##### Available records #####

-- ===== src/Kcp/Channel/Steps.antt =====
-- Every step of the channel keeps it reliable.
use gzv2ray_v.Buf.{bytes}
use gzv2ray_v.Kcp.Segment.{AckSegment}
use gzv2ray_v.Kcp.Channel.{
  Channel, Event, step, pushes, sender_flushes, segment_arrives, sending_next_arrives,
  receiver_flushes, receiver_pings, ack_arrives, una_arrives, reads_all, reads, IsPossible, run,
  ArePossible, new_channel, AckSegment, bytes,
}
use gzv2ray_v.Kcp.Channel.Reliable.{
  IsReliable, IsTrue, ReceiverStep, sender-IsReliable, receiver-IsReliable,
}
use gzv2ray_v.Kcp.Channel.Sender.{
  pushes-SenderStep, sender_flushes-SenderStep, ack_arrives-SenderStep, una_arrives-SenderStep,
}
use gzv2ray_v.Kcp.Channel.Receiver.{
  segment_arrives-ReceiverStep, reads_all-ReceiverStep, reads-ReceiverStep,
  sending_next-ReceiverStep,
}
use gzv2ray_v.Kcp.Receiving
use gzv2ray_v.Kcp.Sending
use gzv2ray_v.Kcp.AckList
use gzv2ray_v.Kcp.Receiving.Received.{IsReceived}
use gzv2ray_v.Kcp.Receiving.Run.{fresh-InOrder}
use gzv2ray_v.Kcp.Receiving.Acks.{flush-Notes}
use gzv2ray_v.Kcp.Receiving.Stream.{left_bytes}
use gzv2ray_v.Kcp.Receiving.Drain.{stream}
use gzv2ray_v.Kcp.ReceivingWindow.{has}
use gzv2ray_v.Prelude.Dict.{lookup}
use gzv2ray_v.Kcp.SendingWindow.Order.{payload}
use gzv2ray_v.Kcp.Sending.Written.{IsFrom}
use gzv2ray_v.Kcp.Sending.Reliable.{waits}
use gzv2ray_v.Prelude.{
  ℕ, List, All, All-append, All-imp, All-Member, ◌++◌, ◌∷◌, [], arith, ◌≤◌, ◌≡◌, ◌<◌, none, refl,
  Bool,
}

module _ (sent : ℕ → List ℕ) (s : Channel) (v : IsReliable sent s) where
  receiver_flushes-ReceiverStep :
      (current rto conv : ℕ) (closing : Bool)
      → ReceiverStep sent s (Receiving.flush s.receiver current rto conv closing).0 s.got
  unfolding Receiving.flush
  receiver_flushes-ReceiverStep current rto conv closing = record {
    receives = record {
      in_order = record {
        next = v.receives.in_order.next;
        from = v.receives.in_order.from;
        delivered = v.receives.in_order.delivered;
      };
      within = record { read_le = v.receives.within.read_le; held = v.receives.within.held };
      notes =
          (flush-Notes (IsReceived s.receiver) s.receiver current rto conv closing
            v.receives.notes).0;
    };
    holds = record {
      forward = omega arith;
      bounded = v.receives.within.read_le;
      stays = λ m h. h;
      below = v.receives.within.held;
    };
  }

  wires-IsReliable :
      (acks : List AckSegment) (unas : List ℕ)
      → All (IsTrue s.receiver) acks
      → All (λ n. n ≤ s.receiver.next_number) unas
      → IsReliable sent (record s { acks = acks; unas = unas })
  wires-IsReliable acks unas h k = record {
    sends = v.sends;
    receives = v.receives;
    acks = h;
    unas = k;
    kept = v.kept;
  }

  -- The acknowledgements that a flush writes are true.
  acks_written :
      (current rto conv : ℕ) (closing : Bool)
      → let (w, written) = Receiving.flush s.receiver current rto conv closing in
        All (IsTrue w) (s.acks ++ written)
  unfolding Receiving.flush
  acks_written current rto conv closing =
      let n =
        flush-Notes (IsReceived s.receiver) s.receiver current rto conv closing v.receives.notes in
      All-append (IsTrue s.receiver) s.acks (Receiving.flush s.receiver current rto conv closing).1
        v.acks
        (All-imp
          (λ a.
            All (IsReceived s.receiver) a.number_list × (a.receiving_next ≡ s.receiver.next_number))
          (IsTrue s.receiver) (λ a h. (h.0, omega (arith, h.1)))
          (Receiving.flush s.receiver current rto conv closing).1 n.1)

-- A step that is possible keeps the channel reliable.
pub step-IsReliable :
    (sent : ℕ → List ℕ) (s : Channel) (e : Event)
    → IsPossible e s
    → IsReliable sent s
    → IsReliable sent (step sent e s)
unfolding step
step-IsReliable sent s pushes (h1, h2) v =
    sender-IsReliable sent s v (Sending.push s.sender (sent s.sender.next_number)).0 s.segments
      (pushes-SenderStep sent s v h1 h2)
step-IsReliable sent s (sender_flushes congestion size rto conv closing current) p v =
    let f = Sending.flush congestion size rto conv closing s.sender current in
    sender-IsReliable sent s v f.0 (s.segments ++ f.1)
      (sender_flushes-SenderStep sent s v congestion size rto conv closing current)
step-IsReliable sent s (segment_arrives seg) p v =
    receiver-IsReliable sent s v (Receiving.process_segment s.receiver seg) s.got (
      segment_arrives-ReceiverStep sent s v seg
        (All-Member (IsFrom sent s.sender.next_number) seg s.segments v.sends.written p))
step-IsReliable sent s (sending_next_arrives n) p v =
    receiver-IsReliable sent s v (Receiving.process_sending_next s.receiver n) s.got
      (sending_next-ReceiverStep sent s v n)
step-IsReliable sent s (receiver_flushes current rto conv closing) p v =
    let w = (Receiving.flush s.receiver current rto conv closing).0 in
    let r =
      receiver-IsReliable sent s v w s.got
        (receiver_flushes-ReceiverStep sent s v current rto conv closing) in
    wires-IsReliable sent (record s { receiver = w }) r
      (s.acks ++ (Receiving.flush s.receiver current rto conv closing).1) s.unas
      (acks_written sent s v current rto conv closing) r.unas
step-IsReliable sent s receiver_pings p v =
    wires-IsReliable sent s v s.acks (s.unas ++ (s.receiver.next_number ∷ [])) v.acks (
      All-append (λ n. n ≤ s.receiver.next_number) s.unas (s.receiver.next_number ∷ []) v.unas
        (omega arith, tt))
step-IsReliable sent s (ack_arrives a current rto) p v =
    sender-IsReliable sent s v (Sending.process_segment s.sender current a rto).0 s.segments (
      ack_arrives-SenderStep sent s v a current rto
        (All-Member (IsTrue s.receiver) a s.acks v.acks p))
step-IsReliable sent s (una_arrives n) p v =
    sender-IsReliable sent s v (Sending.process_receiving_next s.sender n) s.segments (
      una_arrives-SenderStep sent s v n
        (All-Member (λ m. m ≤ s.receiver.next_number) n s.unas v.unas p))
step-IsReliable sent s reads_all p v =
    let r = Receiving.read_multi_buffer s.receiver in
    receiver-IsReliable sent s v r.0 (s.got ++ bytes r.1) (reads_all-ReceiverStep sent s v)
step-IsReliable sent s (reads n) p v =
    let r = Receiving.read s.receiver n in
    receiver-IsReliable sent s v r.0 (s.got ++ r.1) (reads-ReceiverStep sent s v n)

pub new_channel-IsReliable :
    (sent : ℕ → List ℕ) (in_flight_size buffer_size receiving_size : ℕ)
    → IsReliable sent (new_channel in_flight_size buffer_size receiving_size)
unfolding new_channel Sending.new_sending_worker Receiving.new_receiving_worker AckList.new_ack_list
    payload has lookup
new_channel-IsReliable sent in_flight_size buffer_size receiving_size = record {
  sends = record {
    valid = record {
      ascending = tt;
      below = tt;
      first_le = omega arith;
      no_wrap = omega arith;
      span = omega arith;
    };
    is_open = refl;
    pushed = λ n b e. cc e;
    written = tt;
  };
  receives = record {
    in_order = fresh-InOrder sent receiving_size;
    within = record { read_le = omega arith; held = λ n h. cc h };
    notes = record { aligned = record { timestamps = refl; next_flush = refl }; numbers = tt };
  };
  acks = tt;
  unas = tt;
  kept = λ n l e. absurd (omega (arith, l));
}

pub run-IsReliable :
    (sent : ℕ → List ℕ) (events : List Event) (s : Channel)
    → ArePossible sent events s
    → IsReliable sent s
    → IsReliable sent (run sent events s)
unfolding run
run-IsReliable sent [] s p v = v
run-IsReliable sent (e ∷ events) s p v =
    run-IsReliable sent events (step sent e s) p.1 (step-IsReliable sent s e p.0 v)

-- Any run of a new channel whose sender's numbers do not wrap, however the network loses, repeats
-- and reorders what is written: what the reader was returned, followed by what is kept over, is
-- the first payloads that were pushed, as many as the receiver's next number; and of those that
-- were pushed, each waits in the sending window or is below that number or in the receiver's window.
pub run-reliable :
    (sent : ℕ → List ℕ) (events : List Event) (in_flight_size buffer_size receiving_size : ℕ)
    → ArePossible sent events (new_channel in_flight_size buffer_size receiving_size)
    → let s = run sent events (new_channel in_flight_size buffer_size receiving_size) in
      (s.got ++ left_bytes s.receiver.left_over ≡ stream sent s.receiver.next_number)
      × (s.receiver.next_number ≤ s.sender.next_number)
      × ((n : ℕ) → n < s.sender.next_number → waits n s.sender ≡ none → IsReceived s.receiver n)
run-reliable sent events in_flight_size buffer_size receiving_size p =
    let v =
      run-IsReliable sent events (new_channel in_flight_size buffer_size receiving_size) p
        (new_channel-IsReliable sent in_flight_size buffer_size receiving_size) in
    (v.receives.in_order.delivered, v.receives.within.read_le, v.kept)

#####
##### Available records #####

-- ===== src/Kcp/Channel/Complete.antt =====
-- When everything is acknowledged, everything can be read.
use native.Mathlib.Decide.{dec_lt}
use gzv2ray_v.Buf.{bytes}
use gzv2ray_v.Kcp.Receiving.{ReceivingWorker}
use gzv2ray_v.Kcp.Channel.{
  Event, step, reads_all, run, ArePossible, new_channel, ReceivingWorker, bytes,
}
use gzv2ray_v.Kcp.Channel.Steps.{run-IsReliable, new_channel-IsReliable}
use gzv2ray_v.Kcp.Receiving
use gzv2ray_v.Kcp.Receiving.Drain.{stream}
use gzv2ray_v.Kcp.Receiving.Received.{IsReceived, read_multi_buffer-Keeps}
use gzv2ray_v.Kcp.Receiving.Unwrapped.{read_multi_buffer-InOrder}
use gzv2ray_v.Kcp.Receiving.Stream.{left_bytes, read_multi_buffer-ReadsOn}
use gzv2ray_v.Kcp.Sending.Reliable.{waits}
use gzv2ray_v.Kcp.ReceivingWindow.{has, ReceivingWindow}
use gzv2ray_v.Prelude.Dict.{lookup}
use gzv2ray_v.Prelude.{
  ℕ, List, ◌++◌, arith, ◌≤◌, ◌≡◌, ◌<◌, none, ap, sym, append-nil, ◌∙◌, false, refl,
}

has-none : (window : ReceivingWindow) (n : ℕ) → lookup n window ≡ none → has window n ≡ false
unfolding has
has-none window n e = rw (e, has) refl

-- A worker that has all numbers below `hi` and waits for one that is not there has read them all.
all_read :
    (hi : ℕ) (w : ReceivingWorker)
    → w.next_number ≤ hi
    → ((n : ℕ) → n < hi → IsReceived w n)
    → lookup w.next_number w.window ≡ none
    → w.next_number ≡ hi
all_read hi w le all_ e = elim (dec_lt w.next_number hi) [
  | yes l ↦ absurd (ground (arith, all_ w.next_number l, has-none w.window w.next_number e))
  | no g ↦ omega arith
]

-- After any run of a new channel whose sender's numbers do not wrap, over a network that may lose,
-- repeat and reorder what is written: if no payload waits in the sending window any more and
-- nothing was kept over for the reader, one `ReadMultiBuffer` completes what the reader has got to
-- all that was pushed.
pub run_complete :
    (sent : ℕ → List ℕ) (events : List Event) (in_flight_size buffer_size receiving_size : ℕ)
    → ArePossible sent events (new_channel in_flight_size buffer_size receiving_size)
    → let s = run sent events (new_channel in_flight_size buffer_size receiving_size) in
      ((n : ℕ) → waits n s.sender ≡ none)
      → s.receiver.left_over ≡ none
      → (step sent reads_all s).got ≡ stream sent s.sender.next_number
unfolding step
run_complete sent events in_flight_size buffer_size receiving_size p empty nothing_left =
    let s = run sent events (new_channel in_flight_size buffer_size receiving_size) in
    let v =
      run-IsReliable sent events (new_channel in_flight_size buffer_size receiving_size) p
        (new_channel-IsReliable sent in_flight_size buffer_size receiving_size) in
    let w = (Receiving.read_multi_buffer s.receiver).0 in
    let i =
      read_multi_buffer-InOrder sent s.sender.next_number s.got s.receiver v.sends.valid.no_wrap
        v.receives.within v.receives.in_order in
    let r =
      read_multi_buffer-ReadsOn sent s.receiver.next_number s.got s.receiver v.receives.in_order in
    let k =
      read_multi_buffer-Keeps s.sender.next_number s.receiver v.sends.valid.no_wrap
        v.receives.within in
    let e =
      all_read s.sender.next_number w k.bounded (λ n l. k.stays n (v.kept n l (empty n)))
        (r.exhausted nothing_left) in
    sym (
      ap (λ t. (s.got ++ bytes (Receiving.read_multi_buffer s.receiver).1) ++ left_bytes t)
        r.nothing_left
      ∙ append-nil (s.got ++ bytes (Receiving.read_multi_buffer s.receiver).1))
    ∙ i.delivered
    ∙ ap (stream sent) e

#####

**What to do**
Copy here each line of the preceding records with "that" in it.

**Solution for this problem**
  -- The acknowledgements that a flush writes are true.
-- A step that is possible keeps the channel reliable.
-- the first payloads that were pushed, as many as the receiver's next number; and of those that
-- were pushed, each waits in the sending window or is below that number or in the receiver's window.
-- A worker that has all numbers below `hi` and waits for one that is not there has read them all.
-- After any run of a new channel whose sender's numbers do not wrap, over a network that may lose,
-- all that was pushed.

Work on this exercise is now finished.